**Records for processing**

↓↓↓

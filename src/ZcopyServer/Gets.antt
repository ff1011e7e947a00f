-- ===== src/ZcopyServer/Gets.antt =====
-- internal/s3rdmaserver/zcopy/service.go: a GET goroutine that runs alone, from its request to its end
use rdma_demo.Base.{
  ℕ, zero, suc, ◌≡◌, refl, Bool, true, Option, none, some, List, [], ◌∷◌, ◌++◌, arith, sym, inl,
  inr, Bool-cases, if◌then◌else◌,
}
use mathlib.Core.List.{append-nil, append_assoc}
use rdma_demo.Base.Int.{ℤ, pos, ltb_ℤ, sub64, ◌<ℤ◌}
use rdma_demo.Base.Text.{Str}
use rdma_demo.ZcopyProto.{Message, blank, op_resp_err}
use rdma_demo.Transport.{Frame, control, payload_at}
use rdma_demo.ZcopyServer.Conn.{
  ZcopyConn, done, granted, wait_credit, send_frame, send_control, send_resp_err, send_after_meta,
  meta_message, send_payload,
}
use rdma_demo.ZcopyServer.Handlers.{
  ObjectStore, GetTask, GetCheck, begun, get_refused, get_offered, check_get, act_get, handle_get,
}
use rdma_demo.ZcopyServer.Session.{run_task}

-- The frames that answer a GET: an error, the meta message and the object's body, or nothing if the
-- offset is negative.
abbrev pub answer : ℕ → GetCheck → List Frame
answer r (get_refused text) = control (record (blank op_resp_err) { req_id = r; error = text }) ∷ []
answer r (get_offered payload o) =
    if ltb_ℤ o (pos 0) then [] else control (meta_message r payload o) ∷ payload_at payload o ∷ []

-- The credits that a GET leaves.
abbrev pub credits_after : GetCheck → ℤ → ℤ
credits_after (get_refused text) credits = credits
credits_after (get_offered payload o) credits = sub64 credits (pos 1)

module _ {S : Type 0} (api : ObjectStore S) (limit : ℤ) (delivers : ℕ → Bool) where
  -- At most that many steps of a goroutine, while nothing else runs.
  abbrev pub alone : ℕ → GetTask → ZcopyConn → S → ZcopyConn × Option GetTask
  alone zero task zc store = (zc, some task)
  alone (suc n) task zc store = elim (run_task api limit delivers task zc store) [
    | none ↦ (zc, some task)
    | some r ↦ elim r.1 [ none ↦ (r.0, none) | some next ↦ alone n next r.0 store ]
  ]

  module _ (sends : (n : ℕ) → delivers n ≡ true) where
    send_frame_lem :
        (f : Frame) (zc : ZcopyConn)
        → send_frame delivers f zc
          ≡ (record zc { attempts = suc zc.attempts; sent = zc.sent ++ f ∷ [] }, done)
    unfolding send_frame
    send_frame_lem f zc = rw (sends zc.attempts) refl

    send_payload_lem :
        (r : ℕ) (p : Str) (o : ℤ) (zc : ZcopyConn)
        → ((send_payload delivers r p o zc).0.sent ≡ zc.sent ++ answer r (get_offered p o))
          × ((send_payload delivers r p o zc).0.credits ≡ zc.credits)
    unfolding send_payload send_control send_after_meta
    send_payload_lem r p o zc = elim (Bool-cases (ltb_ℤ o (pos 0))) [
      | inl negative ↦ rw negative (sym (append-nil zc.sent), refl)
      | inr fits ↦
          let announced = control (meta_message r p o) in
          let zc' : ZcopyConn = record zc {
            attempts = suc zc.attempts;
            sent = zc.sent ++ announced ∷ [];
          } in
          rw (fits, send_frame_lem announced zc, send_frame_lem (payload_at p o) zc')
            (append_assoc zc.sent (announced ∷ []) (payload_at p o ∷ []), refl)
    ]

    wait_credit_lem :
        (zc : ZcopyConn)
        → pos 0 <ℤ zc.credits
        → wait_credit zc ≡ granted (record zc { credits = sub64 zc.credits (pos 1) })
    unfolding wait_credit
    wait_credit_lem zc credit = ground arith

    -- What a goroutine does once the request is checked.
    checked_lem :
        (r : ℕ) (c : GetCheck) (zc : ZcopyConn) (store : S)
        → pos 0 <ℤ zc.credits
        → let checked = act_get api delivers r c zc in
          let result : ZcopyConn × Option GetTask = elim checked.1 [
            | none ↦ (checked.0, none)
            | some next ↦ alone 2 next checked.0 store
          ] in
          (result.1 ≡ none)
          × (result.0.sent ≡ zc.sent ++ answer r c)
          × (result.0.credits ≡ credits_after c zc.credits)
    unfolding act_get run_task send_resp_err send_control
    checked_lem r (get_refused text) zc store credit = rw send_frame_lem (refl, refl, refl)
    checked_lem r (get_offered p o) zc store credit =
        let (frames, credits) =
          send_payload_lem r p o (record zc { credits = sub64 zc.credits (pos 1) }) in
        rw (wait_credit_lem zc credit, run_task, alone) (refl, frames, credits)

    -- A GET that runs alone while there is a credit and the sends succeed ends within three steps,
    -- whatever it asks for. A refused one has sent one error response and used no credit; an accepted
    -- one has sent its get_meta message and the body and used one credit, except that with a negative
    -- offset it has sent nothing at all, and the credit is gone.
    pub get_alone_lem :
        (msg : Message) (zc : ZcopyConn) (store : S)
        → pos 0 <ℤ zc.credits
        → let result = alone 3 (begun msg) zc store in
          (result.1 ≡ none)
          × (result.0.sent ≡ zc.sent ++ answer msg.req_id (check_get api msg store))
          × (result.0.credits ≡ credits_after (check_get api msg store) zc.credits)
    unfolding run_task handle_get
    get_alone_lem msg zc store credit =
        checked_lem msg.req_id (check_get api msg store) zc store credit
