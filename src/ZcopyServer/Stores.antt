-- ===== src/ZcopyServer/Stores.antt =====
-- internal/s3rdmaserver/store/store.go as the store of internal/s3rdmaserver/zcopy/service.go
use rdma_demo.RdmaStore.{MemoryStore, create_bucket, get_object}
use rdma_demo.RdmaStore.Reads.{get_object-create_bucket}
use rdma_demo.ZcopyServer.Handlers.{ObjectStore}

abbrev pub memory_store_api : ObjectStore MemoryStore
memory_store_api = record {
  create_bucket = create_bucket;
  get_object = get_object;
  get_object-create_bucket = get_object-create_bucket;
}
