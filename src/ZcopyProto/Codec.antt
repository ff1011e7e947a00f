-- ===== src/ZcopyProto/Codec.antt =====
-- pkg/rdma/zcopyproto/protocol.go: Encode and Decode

↑↑↑

**Aim of the task**
A word-for-word restatement of the data above is required.

**Written reply**
filename src/ZcopyServer/Gets.antt
repository ff1011e7e947a00f
-- ===== src/ZcopyServer/Gets.antt =====
-- internal/s3rdmaserver/zcopy/service.go: a GET goroutine that runs alone, from its request to its end
use rdma_demo.Base.{
  ℕ, zero, suc, ◌≡◌, refl, Bool, true, Option, none, some, List, [], ◌∷◌, ◌++◌, arith, sym, inl,
  inr, Bool-cases, if◌then◌else◌,
}
use mathlib.Core.List.{append-nil, append_assoc}
use rdma_demo.Base.Int.{ℤ, pos, ltb_ℤ, sub64, ◌<ℤ◌}
use rdma_demo.Base.Text.{Str}
use rdma_demo.ZcopyProto.{Message, blank, op_resp_err}
use rdma_demo.Transport.{Frame, control, payload_at}
use rdma_demo.ZcopyServer.Conn.{
  ZcopyConn, done, granted, wait_credit, send_frame, send_control, send_resp_err, send_after_meta,
  meta_message, send_payload,
}
use rdma_demo.ZcopyServer.Handlers.{
  ObjectStore, GetTask, GetCheck, begun, get_refused, get_offered, check_get, act_get, handle_get,
}
use rdma_demo.ZcopyServer.Session.{run_task}

-- The frames that answer a GET: an error, the meta message and the object's body, or nothing if the
-- offset is negative.
abbrev pub answer : ℕ → GetCheck → List Frame
answer r (get_refused text) = control (record (blank op_resp_err) { req_id = r; error = text }) ∷ []
answer r (get_offered payload o) =
    if ltb_ℤ o (pos 0) then [] else control (meta_message r payload o) ∷ payload_at payload o ∷ []

-- The credits that a GET leaves.
abbrev pub credits_after : GetCheck → ℤ → ℤ
credits_after (get_refused text) credits = credits
credits_after (get_offered payload o) credits = sub64 credits (pos 1)

module _ {S : Type 0} (api : ObjectStore S) (limit : ℤ) (delivers : ℕ → Bool) where
  -- At most that many steps of a goroutine, while nothing else runs.
  abbrev pub alone : ℕ → GetTask → ZcopyConn → S → ZcopyConn × Option GetTask
  alone zero task zc store = (zc, some task)
  alone (suc n) task zc store = elim (run_task api limit delivers task zc store) [
    | none ↦ (zc, some task)
    | some r ↦ elim r.1 [ none ↦ (r.0, none) | some next ↦ alone n next r.0 store ]
  ]

  module _ (sends : (n : ℕ) → delivers n ≡ true) where
    send_frame_lem :
        (f : Frame) (zc : ZcopyConn)
        → send_frame delivers f zc
          ≡ (record zc { attempts = suc zc.attempts; sent = zc.sent ++ f ∷ [] }, done)
    unfolding send_frame
    send_frame_lem f zc = rw (sends zc.attempts) refl

    send_payload_lem :
        (r : ℕ) (p : Str) (o : ℤ) (zc : ZcopyConn)
        → ((send_payload delivers r p o zc).0.sent ≡ zc.sent ++ answer r (get_offered p o))
          × ((send_payload delivers r p o zc).0.credits ≡ zc.credits)
    unfolding send_payload send_control send_after_meta
    send_payload_lem r p o zc = elim (Bool-cases (ltb_ℤ o (pos 0))) [
      | inl negative ↦ rw negative (sym (append-nil zc.sent), refl)
      | inr fits ↦
          let announced = control (meta_message r p o) in
          let zc' : ZcopyConn = record zc {
            attempts = suc zc.attempts;
            sent = zc.sent ++ announced ∷ [];
          } in
          rw (fits, send_frame_lem announced zc, send_frame_lem (payload_at p o) zc')
            (append_assoc zc.sent (announced ∷ []) (payload_at p o ∷ []), refl)
    ]

    wait_credit_lem :
        (zc : ZcopyConn)
        → pos 0 <ℤ zc.credits
        → wait_credit zc ≡ granted (record zc { credits = sub64 zc.credits (pos 1) })
    unfolding wait_credit
    wait_credit_lem zc credit = ground arith

    -- What a goroutine does once the request is checked.
    checked_lem :
        (r : ℕ) (c : GetCheck) (zc : ZcopyConn) (store : S)
        → pos 0 <ℤ zc.credits
        → let checked = act_get api delivers r c zc in
          let result : ZcopyConn × Option GetTask = elim checked.1 [
            | none ↦ (checked.0, none)
            | some next ↦ alone 2 next checked.0 store
          ] in
          (result.1 ≡ none)
          × (result.0.sent ≡ zc.sent ++ answer r c)
          × (result.0.credits ≡ credits_after c zc.credits)
    unfolding act_get run_task send_resp_err send_control
    checked_lem r (get_refused text) zc store credit = rw send_frame_lem (refl, refl, refl)
    checked_lem r (get_offered p o) zc store credit =
        let (frames, credits) =
          send_payload_lem r p o (record zc { credits = sub64 zc.credits (pos 1) }) in
        rw (wait_credit_lem zc credit, run_task, alone) (refl, frames, credits)

    -- A GET that runs alone while there is a credit and the sends succeed ends within three steps,
    -- whatever it asks for. A refused one has sent one error response and used no credit; an accepted
    -- one has sent its get_meta message and the body and used one credit, except that with a negative
    -- offset it has sent nothing at all, and the credit is gone.
    pub get_alone_lem :
        (msg : Message) (zc : ZcopyConn) (store : S)
        → pos 0 <ℤ zc.credits
        → let result = alone 3 (begun msg) zc store in
          (result.1 ≡ none)
          × (result.0.sent ≡ zc.sent ++ answer msg.req_id (check_get api msg store))
          × (result.0.credits ≡ credits_after (check_get api msg store) zc.credits)
    unfolding run_task handle_get
    get_alone_lem msg zc store credit =
        checked_lem msg.req_id (check_get api msg store) zc store credit
filename src/ZcopyServer/Stores.antt
-- ===== src/ZcopyServer/Stores.antt =====
-- internal/s3rdmaserver/store/store.go as the store of internal/s3rdmaserver/zcopy/service.go
use rdma_demo.RdmaStore.{MemoryStore, create_bucket, get_object}
use rdma_demo.RdmaStore.Reads.{get_object-create_bucket}
use rdma_demo.ZcopyServer.Handlers.{ObjectStore}

abbrev pub memory_store_api : ObjectStore MemoryStore
memory_store_api = record {
  create_bucket = create_bucket;
  get_object = get_object;
  get_object-create_bucket = get_object-create_bucket;
}
filename src/ZcopyProto/Codec.antt
repository ff1011e7e947a00f
-- ===== src/ZcopyProto/Codec.antt =====
-- pkg/rdma/zcopyproto/protocol.go: Encode and Decode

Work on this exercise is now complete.